Question

given: ab = 3x + 2; bc = 4x + 8; ac = 38
prove: x = 4

statements	reason
2. ab + bc = ac	2. angle addition postulate
3. 3x + 2 + 4x + 8 = 38	3. substitution property of equality
4. 7x + 10 = 38	4. combining like terms
5. 7x = 28	5. subtraction property of equality
6. x = 4	6. division property of equality

on which line, did daniel make his error?

• line 3
• line 5
• line 2
• line 4

Explanation:

Step1: Analyze Line 2

The problem involves segments \(AB\), \(BC\), and \(AC\). The correct postulate for segment addition (when \(B\) is between \(A\) and \(C\)) is the Segment Addition Postulate, not the Angle Addition Postulate.
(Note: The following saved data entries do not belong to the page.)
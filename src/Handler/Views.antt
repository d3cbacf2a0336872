-- ===== src/Handler/Views.antt =====
-- internal/handler/market.go: the list of markets and the oracle's page.
pub mod Laws
use total.Prelude.{
  ℕ, Bool, true, false, not, ◌&&◌, Option, none, some, List, [], ◌∷◌, ◌++◌, length, get_elem?,
  replicate, if◌then◌else◌,
}
use total.Prelude.Int.{pos}
use total.Bytes.{Bytes, text, is_empty}
use total.Errors.{Result, ok, err, both}
use total.Model.{MarketMetadata, zero_float}
use total.Config.{short_id}
use total.Soroban.Client.{State}
use total.Service.Amount.{scale}
use total.Service.Factory.{FactoryService, MarketState, list_markets}
use total.Service.States.{get_market_states, set_at}
use total.Ipfs.Store.{get_json}
use total.Handler.Web.{
  Request, Web, MarketHandler, MarketView, common, Reply, page, markets_page, oracle_page, Schedule,
  gateway_of,
}
use total.Handler.Trade.{configured}
use total.Platform.{Platform}

abbrev pub market_title : Bytes → Bytes
market_title id = text "Market " ++ short_id id

module _ (P : Platform) (W : Web P) where
  open P use {floats}

  -- The metadata of a hash, where there are a hash and an IPFS client.
  unfoldable pub describe :
      MarketHandler P W → Bytes → State P → Option (Result MarketMetadata) × State P
  describe h hash s = if is_empty hash then (none, s) else elim h.ipfs_client [
    | none ↦ (none, s)
    | some c ↦
        let (found, w) = get_json (gateway_of P W) P.quote W.unmarshal_metadata c hash s.world in
        (some found, record s { world = w })
  ]

  -- An amount of tokens that the contract keeps in its smallest units.
  unfoldable pub unscaled : total.Prelude.Int.ℤ → floats.Float
  unscaled n = floats.div (floats.of_int n) (scale floats)

  abbrev pub empty_view : MarketView P
  empty_view = record {
    id = [];
    question = [];
    description = [];
    price_yes = zero_float floats;
    price_no = zero_float floats;
    yes_sold = zero_float floats;
    no_sold = zero_float floats;
    is_resolved = false;
    resolution = [];
    liquidity_param = zero_float floats;
    metadata_hash = [];
    metadata_error = [];
  }

  unfoldable pub view_of_state : MarketState P → MarketView P
  unfolding unscaled
  view_of_state st = record empty_view {
    id = st.contract_id;
    price_yes = st.price_yes;
    price_no = st.price_no;
    yes_sold = unscaled st.yes_sold;
    no_sold = unscaled st.no_sold;
    is_resolved = st.resolved;
    metadata_hash = st.metadata_hash;
  }

  abbrev pub described_view : MarketView P → Option (Result MarketMetadata) → MarketView P
  described_view view none = record view { question = market_title view.id }
  described_view view (some (ok m)) = record view {
    question = m.question;
    description = m.description;
  }
  described_view view (some (err e)) = record view {
    question = market_title view.id;
    metadata_error = text "Failed to load market details from IPFS";
  }
  described_view view (some (both m e)) = record view {
    question = market_title view.id;
    metadata_error = text "Failed to load market details from IPFS";
  }

  -- The goroutine of a state.
  unfoldable pub build_view : MarketHandler P W → MarketState P → State P → MarketView P × State P
  unfolding describe view_of_state
  build_view h st s =
      let (found, s') = describe h st.metadata_hash s in
      (described_view (view_of_state st) found, s')

  abbrev pub build_index :
      MarketHandler P W
      → ℕ
      → Option (MarketState P)
      → List (MarketView P) × State P
      → List (MarketView P) × State P
  build_index h i none now = now
  build_index h i (some st) (views, s) =
      let (view, s') = build_view h st s in (set_at i view views, s')

  -- The goroutines of the indices, in an order.
  unfoldable pub build_all :
      MarketHandler P W
      → List (MarketState P)
      → List ℕ
      → List (MarketView P) × State P
      → List (MarketView P) × State P
  unfolding build_view
  build_all h states [] now = now
  build_all h states (i ∷ order) now =
      build_all h states order (build_index h i (get_elem? states i) now)

  unfoldable pub build_market_views :
      MarketHandler P W → List ℕ → List (MarketState P) → State P → List (MarketView P) × State P
  unfolding build_all
  build_market_views h order states s =
      build_all h states order (replicate (length states) empty_view, s)

  -- The states that came back, whatever the error: there are none beside one.
  abbrev pub states_of : Result (List (MarketState P)) → List (MarketState P)
  states_of (ok states) = states
  states_of (err e) = []
  states_of (both states e) = states

  abbrev pub failed_list : MarketHandler P W → Request → Bytes → Reply P
  failed_list h r message =
      page (markets_page [] h.oracle_public_key (some message) (common P W h r "markets"))

  abbrev pub list_views :
      MarketHandler P W
      → Request
      → Schedule
      → FactoryService P
      → Result (List Bytes) × State P
      → Reply P × State P
  list_views h r o m (err e, s) = (failed_list h r (text "Failed to fetch markets from factory"), s)
  list_views h r o m (both ids e, s) =
      (failed_list h r (text "Failed to fetch markets from factory"), s)
  list_views h r o m (ok ids, s) =
      let (states, s') = get_market_states P m h.state_cache o.states_order ids s in
      let (views, s'') = build_market_views h o.views_order (states_of states) s' in
      (page (markets_page views h.oracle_public_key none (common P W h r "markets")), s'')

  unfoldable pub handle_list_markets :
      Schedule → MarketHandler P W → Request → State P → Reply P × State P
  unfolding configured build_market_views
  handle_list_markets o h r s = elim (configured h.factory_service) [
    | none ↦ (failed_list h r (text "Factory contract not configured"), s)
    | some m ↦ list_views h r o m (list_markets P m s)
  ]

  -- The markets of the oracle's page, and what went wrong.
  abbrev pub oracle_states :
      MarketHandler P W
      → Schedule
      → Result (List (MarketState P)) × State P
      → (List (MarketView P) × Bytes) × State P
  oracle_states h o (ok states, s) =
      let (views, s') = build_market_views h o.views_order states s in ((views, []), s')
  oracle_states h o (err e, s) = (([], text "Failed to load market states"), s)
  oracle_states h o (both states e, s) = (([], text "Failed to load market states"), s)

  abbrev pub oracle_markets :
      MarketHandler P W
      → Schedule
      → FactoryService P
      → Result (List Bytes) × State P
      → (List (MarketView P) × Bytes) × State P
  oracle_markets h o m (ok ids, s) =
      oracle_states h o (get_market_states P m h.state_cache o.states_order ids s)
  oracle_markets h o m (err e, s) = (([], text "Failed to load markets from factory"), s)
  oracle_markets h o m (both ids e, s) = (([], text "Failed to load markets from factory"), s)

  unfoldable pub oracle_reply :
      MarketHandler P W
      → Request
      → Bytes
      → (List (MarketView P) × Bytes) × State P
      → Reply P × State P
  oracle_reply h r factory ((views, problem), s) = (
    page (
        oracle_page
          (record {
            oracle_public_key = h.oracle_public_key;
            default_liquidity_param = floats.of_int (pos 100);
            factory_contract = factory;
            markets = views;
            markets_error = problem;
          })
          (common P W h r "oracle")),
    s,
  )

  unfoldable pub handle_oracle_admin :
      Schedule → MarketHandler P W → Request → State P → Reply P × State P
  unfolding configured oracle_reply
  handle_oracle_admin o h r s = elim (configured h.factory_service) [
    | none ↦ oracle_reply h r [] (([], []), s)
    | some m ↦ oracle_reply h r m.factory_contract (oracle_markets h o m (list_markets P m s))
  ]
So line 2 has an error in the reason.

Step2: Verify Other Lines

• Line 3: Substituting \(AB = 3x + 2\), \(BC = 4x + 8\), and \(AC = 38\) into \(AB + BC = AC\) is correct (Substitution Property).
• Line 4: Combining \(3x+4x = 7x\) and \(2 + 8=10\) to get \(7x + 10 = 38\) is correct (Combining Like Terms).
• Line 5: Subtracting 10 from both sides (\(7x+10 - 10=38 - 10\)) gives \(7x = 28\), which is correct (Subtraction Property of Equality).

Answer:

line 2